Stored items

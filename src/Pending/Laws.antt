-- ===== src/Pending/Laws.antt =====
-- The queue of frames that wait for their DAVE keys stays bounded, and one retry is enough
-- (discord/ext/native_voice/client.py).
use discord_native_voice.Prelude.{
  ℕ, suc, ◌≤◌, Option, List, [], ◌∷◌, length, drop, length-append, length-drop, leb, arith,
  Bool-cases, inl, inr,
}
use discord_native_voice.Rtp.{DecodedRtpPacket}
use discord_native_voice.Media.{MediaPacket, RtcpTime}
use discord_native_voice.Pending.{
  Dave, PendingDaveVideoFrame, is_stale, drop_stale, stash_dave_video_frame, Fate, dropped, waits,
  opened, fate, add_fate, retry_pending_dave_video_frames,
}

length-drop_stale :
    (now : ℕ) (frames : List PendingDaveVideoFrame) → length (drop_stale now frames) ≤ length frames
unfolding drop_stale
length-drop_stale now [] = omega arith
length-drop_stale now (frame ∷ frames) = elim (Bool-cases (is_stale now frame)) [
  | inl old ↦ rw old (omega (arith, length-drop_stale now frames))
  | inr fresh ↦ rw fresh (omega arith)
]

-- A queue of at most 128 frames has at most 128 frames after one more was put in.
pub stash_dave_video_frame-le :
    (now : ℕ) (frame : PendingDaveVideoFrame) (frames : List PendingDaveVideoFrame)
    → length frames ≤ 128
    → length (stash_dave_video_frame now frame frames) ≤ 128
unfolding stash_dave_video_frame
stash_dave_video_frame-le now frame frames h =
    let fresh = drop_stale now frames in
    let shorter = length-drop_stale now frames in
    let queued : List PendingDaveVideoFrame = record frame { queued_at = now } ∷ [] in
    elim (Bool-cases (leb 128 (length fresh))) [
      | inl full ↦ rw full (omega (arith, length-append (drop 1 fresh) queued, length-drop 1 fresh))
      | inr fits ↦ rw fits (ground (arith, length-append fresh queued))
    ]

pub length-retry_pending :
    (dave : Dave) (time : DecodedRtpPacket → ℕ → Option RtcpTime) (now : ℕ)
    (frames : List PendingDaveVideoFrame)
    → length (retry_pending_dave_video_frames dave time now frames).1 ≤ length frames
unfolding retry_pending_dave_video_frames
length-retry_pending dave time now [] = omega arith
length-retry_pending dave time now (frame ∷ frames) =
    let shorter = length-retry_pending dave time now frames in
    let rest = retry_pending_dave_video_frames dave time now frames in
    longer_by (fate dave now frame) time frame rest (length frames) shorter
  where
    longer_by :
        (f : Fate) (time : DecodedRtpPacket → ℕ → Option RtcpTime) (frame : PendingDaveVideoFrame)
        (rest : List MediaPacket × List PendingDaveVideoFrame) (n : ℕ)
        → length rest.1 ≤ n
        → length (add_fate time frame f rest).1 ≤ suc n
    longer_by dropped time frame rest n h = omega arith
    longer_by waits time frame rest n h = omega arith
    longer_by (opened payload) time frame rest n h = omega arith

Problem details →
Whenever a line of the data includes "dropped", copy that line.

Answer box →
  Dave, PendingDaveVideoFrame, is_stale, drop_stale, stash_dave_video_frame, Fate, dropped, waits,
    longer_by dropped time frame rest n h = omega arith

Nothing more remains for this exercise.